Dans quelle mesure ces événements survenus à Palerme permettent, à votre avis, d’aborder des thématiques universelles ? Et, pour finir, quels sont les principaux écueils auxquels cette lutte s’est heurtée ?
Ce qui m’intéresse, c’est de voir en quoi l’homme est un animal politique, pour reprendre les termes d’Aristote. Si c’est vrai que les hommes sont, non pas pour le fait d’être nés, mais pour le fait de vivre ensemble, politiques, comment le deviennent-ils ? Dans « Palazzo delle Aquile », j’avais affaire à des non professionnels de la politique, des personnes ordinaires qui, placées dans un nouveau contexte, devaient apprendre à s’écouter, à prendre la parole et à s’organiser en corps politique. C’était une expérience nouvelle pour eux. La preuve en est qu’ils ne se considéraient pas comme des individus mais comme des familles, une ambiguïté qui était également omniprésente dans les discours des politiciens : jamais ils ne parlaient du nombre de « personnes » sans-abri, mais toujours du nombre des « familles » sans-abri.
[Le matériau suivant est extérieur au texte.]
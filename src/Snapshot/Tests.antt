-- ===== src/Snapshot/Tests.antt =====
-- Snapshots of concrete accounts.
use mathlib.Core.Path.{subst}
use household_back.Base.{
  pos, ◌+ℤ◌, All, if◌then◌else◌, ℕ, suc, ◌+◌, ◌*◌, ◌≤◌, String, ◌≡◌, refl, sym, Bool, true, false,
  none, some, [], ◌∷◌, arith,
}
use household_back.Core.{Date, ok}
use household_back.Model.{Account, AccountSnapshot, Household, active, nasdaq, Db}
use household_back.Paging.{Distinct}
use household_back.Samples.{jan, broker_account, household_db}
use household_back.Account.Balance.{micro, BalanceSummary}
use household_back.Snapshot.Holdings.{
  Holding, asof_holdings_by_account, investment_balance_on, balance_on,
}
use household_back.Snapshot.Histories.{holdings_of, all_holdings, Fresh, has_active_for_month}
use household_back.Snapshot.Report.{get_yearly_snapshots}
use household_back.Account.Report.{zero_month}
use household_back.Snapshot.Service.{
  upsert_months, snapshot_households, create_monthly_snapshots_for_all,
}
use household_back.Snapshot.Months.{active_at, IsSingle}
use household_back.Snapshot.Single.{create_monthly_snapshots_for_all-IsSingle}
use household_back.Snapshot.Prices.{item_of}
use household_back.Snapshot.Valuation.{balance_from, investment_balance_on-value_holdings_at_month}
use household_back.Snapshot.Apart.{rows_of}
use household_back.Snapshot.Kept.{create_monthly_snapshots_for_all_past}

abbrev any_order : String → String → Bool
any_order a b = true

abbrev fresh_ids : ℕ → Date → Fresh
fresh_ids household_id month = record {
  snapshot_id = λ account_id. account_id + month.month * 100;
  history_id = λ account_id item_id. item_id + month.month * 100;
  now = 90;
}

abbrev december : Date
december = record { year = 2025; month = 12; day = 1 }

abbrev february : Date
february = record { year = 2026; month = 2; day = 1 }

abbrev old_snapshot : AccountSnapshot
old_snapshot = record {
  id = 61;
  frst_reg_dt = 61;
  data_stat_cd = active;
  account_id = 1;
  snapshot_date = december;
  balance = pos 9000;
  monthly_income = pos 0;
  monthly_expense = pos 0;
  monthly_fixed_expense = pos 0;
}

abbrev home : Household
home = record {
  id = 7;
  frst_reg_dt = 7;
  data_stat_cd = active;
  name = "home";
  description = none;
  owner_id = 5;
  currency = "KRW";
  started_at = december;
}

-- shares bought on January 5 at 10.00, and worth 12.00 in January
abbrev priced_db : Db
priced_db = record household_db {
  households = home ∷ [];
  account_snapshots = old_snapshot ∷ [];
  market_prices =
      record {
        id = 71;
        frst_reg_dt = 71;
        data_stat_cd = active;
        code = "S";
        market = nasdaq;
        price_date = jan 1;
        price = pos 1200;
      }
      ∷ [];
}

abbrev january_balance : BalanceSummary
unfolding balance_on
january_balance = balance_on any_order broker_account (jan 31) priced_db

balance_test :
    (january_balance.cash ≡ some (pos 60000000)) × (january_balance.balance ≡ pos 108000000)
unfolding january_balance balance_on micro
balance_test = (refl, refl)

abbrev held : Holding
held = record {
  item_id = 31;
  code = "S";
  market = nasdaq;
  quantity = 40000;
  avg_cost = pos 1000;
  cost = pos 4000;
}

held_test :
    all_holdings (holdings_of any_order (broker_account ∷ []) (jan 31) priced_db) ≡ held ∷ []
unfolding holdings_of asof_holdings_by_account ◌+ℤ◌
held_test = refl

abbrev monthly_run : ℕ × Db
unfolding snapshot_households
monthly_run = snapshot_households any_order fresh_ids february (home ∷ []) priced_db

-- December is kept, January and February are made
run_test : monthly_run.0 ≡ 2
unfolding monthly_run snapshot_households
run_test = refl

run_is_ok : create_monthly_snapshots_for_all any_order fresh_ids february priced_db ≡ ok monthly_run
unfolding create_monthly_snapshots_for_all monthly_run
run_is_ok = refl

at_most : (b : Bool) → (if b then suc 0 else 0) ≤ 1
at_most true = omega arith
at_most false = omega arith

priced_db-IsSingle : IsSingle priced_db
priced_db-IsSingle = (
  ((refl, (refl, tt)), ((refl, tt), (tt, tt))),
  λ account_id month. at_most (active_at account_id month old_snapshot),
)

create_monthly_snapshots_for_all-IsSingle_example : IsSingle monthly_run.1
create_monthly_snapshots_for_all-IsSingle_example =
    create_monthly_snapshots_for_all-IsSingle any_order fresh_ids february priced_db monthly_run
      priced_db-IsSingle run_is_ok

create_monthly_snapshots_for_all_past_example :
    rows_of 7 december monthly_run.1 ≡ rows_of 7 december priced_db
unfolding has_active_for_month upsert_months
create_monthly_snapshots_for_all_past_example =
    create_monthly_snapshots_for_all_past any_order fresh_ids february 7 december priced_db
      monthly_run priced_db-IsSingle.0 refl refl run_is_ok

investment_balance_on-value_holdings_at_month_example :
    All
      (λ (a : Account).
        (investment_balance_on any_order a (jan 31) priced_db).balance
        ≡ balance_from any_order (jan 31) priced_db (broker_account ∷ []) a)
      (broker_account ∷ [])
investment_balance_on-value_holdings_at_month_example =
    investment_balance_on-value_holdings_at_month any_order (jan 31) priced_db (broker_account ∷ [])
      (subst (λ hs. Distinct item_of hs) (sym held_test) (tt, tt))

-- the December snapshot is in the report of the year before February 2026
report_test :
    get_yearly_snapshots 7 none none (record { year = 2026; month = 2; day = 9 }) priced_db
    ≡ record {
      months =
          record {
            snapshot_date = december;
            total_balance = pos 90000000;
            total_income = pos 0;
            total_expense = pos 0;
            total_fixed_expense = pos 0;
            accounts =
                record {
                  account_id = 1;
                  account_name = "wallet";
                  balance = pos 90000000;
                  monthly = zero_month;
                }
                ∷ [];
          }
          ∷ [];
      target_month_saved = false;
      target_month_date = jan 1;
    }
unfolding get_yearly_snapshots micro
report_test = refl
C’est d’ailleurs l’une des contradictions de fond qui minent dès le début le résultat de cette lutte : en se présentant comme des familles et non comme des citoyens, les protagonistes du film ont traîné avec eux dans l’espace public les contraintes propres à la vie privée et n’ont pas pu profiter de ce moment pour trouver leur place dans le jeu politique. Le palais est devenu inexorablement une co-propriété, un ensemble d’appartements fermés où chacun se préoccupe de ses propres intérêts et finit par s’endormir devant la télévision. La liberté se niche dans le dialogue, dans les relations que l’on noue avec les autres grâce à la parole ; la liberté est d’ailleurs moins un état auquel on peut accéder au terme d’un long processus qu’un moment fugitif qui surgit le temps d’un débat - ou même d’une seule intervention. Il y a eu, dans le Palais occupé, des moments où l’on voyait la liberté vivre devant nous : elle était en train de se faire, elle surgissait devant la caméra, sans que les protagonistes ne s’en rendent forcément compte, sinon par une sorte d’enthousiasme, d’euphorie à laquelle il ne savaient pas donner un nom. C’est cette liberté que je voulais montrer, un état tout en puissance et par nature éphémère. C’est un film qui parle de la démocratie et de ses conditions de réalisation : si ses acteurs ne sont pas des citoyens, s’ils ne réussissent pas à sortir de l’enceinte strictement privée et de la sphère familiale, la démocratie est une démocratie malade.